SUPPLIED ENTRIES =>
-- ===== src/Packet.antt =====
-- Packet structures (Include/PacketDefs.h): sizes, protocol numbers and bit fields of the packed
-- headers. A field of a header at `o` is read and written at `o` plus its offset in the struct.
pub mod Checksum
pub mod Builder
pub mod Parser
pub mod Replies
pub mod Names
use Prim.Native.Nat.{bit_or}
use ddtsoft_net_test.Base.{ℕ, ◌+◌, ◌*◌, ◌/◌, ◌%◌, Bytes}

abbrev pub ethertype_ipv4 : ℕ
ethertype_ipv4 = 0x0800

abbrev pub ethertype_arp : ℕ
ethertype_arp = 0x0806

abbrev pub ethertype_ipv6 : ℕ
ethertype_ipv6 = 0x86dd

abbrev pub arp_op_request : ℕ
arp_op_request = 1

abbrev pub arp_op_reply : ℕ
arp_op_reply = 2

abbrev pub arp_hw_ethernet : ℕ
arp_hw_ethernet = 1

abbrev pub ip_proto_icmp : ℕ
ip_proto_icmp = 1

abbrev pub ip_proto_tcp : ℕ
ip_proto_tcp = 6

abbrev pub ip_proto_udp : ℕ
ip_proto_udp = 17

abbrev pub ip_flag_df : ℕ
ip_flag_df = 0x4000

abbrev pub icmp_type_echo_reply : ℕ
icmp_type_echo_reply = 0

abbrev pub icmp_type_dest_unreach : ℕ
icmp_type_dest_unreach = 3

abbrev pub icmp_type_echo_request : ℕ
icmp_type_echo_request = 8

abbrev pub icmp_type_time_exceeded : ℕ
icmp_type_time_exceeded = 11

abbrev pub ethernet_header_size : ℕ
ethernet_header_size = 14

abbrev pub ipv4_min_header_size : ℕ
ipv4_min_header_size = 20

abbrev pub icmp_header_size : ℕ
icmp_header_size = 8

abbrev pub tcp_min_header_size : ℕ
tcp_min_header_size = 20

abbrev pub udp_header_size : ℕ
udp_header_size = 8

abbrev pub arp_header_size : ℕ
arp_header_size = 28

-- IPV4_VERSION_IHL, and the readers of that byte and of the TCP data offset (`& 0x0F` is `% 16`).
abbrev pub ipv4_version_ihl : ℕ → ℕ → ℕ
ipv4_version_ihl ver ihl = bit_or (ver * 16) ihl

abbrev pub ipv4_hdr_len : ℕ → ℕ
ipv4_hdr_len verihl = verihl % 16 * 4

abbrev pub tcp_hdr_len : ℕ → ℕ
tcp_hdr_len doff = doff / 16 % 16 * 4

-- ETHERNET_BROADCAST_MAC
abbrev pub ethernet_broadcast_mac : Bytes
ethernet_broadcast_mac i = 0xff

REQUIREMENT => Look back at the data above. Transcribe exactly the lines starting at the line that contains "icmp_type_echo_request = 8" and ending at the line that contains "-- ETHERNET_BROADCAST_MAC".

THE COMPLETED TASK =>
icmp_type_echo_request = 8

abbrev pub icmp_type_time_exceeded : ℕ
icmp_type_time_exceeded = 11

abbrev pub ethernet_header_size : ℕ
ethernet_header_size = 14

abbrev pub ipv4_min_header_size : ℕ
ipv4_min_header_size = 20

abbrev pub icmp_header_size : ℕ
icmp_header_size = 8

abbrev pub tcp_min_header_size : ℕ
tcp_min_header_size = 20

abbrev pub udp_header_size : ℕ
udp_header_size = 8

abbrev pub arp_header_size : ℕ
arp_header_size = 28

-- IPV4_VERSION_IHL, and the readers of that byte and of the TCP data offset (`& 0x0F` is `% 16`).
abbrev pub ipv4_version_ihl : ℕ → ℕ → ℕ
ipv4_version_ihl ver ihl = bit_or (ver * 16) ihl

abbrev pub ipv4_hdr_len : ℕ → ℕ
ipv4_hdr_len verihl = verihl % 16 * 4

abbrev pub tcp_hdr_len : ℕ → ℕ
tcp_hdr_len doff = doff / 16 % 16 * 4

-- ETHERNET_BROADCAST_MAC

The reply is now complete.